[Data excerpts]

"""

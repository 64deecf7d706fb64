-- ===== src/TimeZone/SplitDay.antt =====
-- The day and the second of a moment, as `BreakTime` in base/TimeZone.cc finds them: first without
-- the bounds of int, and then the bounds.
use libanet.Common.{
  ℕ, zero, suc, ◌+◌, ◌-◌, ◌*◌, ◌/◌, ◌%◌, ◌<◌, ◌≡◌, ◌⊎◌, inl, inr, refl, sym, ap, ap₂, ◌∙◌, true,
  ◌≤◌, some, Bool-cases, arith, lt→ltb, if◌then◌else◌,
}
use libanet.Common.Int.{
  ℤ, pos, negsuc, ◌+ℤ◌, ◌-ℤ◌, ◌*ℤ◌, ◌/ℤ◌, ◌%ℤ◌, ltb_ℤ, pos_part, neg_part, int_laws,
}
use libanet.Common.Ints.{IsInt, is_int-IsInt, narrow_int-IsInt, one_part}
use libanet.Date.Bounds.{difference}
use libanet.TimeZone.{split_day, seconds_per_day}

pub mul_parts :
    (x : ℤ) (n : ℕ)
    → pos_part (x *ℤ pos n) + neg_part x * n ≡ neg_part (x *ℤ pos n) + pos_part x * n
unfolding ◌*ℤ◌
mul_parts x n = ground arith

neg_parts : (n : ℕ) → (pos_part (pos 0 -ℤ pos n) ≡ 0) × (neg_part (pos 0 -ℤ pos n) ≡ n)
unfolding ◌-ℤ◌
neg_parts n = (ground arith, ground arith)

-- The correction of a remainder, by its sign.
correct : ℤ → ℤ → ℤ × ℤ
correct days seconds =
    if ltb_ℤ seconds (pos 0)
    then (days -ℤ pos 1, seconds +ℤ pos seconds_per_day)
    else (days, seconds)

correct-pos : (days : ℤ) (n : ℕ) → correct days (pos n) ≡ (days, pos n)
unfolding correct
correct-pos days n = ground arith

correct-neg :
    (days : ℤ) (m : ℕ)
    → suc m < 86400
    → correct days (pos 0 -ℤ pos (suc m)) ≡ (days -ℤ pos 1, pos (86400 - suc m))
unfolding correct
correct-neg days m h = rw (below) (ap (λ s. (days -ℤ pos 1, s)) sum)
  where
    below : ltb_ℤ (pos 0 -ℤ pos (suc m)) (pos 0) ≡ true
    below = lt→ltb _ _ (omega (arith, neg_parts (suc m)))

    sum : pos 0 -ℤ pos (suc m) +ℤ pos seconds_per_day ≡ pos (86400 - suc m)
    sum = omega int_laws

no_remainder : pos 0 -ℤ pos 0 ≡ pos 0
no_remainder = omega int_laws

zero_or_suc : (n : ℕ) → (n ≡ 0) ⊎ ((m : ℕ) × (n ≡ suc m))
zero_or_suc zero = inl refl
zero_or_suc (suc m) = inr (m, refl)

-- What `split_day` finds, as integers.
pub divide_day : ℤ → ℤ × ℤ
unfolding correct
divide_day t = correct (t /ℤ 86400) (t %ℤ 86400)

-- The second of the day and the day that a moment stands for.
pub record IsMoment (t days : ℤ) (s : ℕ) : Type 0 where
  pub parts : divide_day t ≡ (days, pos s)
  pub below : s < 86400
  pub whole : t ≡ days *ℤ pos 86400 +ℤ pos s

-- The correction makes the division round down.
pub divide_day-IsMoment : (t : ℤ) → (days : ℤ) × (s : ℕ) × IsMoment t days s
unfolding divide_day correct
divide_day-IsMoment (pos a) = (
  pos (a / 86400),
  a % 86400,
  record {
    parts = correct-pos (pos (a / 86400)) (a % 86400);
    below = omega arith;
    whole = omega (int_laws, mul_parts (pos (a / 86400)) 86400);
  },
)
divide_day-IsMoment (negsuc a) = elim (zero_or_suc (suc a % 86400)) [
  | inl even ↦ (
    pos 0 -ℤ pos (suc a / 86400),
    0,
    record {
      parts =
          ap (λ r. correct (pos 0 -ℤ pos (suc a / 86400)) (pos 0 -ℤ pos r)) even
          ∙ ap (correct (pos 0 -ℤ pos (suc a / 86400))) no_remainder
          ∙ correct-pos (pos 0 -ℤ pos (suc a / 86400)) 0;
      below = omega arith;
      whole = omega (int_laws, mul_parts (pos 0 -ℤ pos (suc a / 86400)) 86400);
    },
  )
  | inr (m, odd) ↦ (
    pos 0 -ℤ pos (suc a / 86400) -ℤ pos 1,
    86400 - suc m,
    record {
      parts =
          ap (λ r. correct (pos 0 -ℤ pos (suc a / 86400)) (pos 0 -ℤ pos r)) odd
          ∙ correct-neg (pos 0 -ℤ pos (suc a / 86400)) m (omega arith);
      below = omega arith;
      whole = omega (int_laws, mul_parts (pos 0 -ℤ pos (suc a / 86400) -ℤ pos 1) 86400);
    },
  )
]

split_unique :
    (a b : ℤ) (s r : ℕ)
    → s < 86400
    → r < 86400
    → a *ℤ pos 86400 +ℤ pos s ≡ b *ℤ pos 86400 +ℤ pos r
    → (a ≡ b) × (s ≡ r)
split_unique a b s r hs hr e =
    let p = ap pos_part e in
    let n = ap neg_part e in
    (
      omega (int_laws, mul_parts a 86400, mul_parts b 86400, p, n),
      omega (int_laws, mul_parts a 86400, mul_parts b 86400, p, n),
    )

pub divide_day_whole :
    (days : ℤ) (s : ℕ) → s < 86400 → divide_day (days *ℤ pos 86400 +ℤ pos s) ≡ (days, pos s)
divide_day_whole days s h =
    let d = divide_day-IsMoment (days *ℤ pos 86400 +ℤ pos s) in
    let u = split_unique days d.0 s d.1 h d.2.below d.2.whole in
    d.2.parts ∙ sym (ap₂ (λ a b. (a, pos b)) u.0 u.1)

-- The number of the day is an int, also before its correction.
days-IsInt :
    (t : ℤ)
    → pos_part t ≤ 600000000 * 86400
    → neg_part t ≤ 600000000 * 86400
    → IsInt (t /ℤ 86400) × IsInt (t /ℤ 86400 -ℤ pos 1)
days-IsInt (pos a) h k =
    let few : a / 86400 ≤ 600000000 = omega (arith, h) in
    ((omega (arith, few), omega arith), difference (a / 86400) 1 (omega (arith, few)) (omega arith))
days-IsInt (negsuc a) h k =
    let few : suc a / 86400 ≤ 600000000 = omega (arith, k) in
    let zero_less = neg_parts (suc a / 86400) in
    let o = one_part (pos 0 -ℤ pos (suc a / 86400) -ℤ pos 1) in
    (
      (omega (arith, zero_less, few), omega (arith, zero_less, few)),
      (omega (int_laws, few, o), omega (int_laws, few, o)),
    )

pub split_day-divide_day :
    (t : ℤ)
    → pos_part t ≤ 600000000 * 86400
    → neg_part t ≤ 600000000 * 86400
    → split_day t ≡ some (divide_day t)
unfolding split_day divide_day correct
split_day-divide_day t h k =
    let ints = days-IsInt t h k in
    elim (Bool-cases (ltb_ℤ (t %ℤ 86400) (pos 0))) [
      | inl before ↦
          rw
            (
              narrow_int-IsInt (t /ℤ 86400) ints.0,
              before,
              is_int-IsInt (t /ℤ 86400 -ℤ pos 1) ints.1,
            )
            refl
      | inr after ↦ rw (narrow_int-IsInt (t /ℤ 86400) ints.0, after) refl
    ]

"""

# Exercise description
Out of the records above, pick each line that contains the string "finds".

# Solution for this task
-- The day and the second of a moment, as `BreakTime` in base/TimeZone.cc finds them: first without
-- What `split_day` finds, as integers.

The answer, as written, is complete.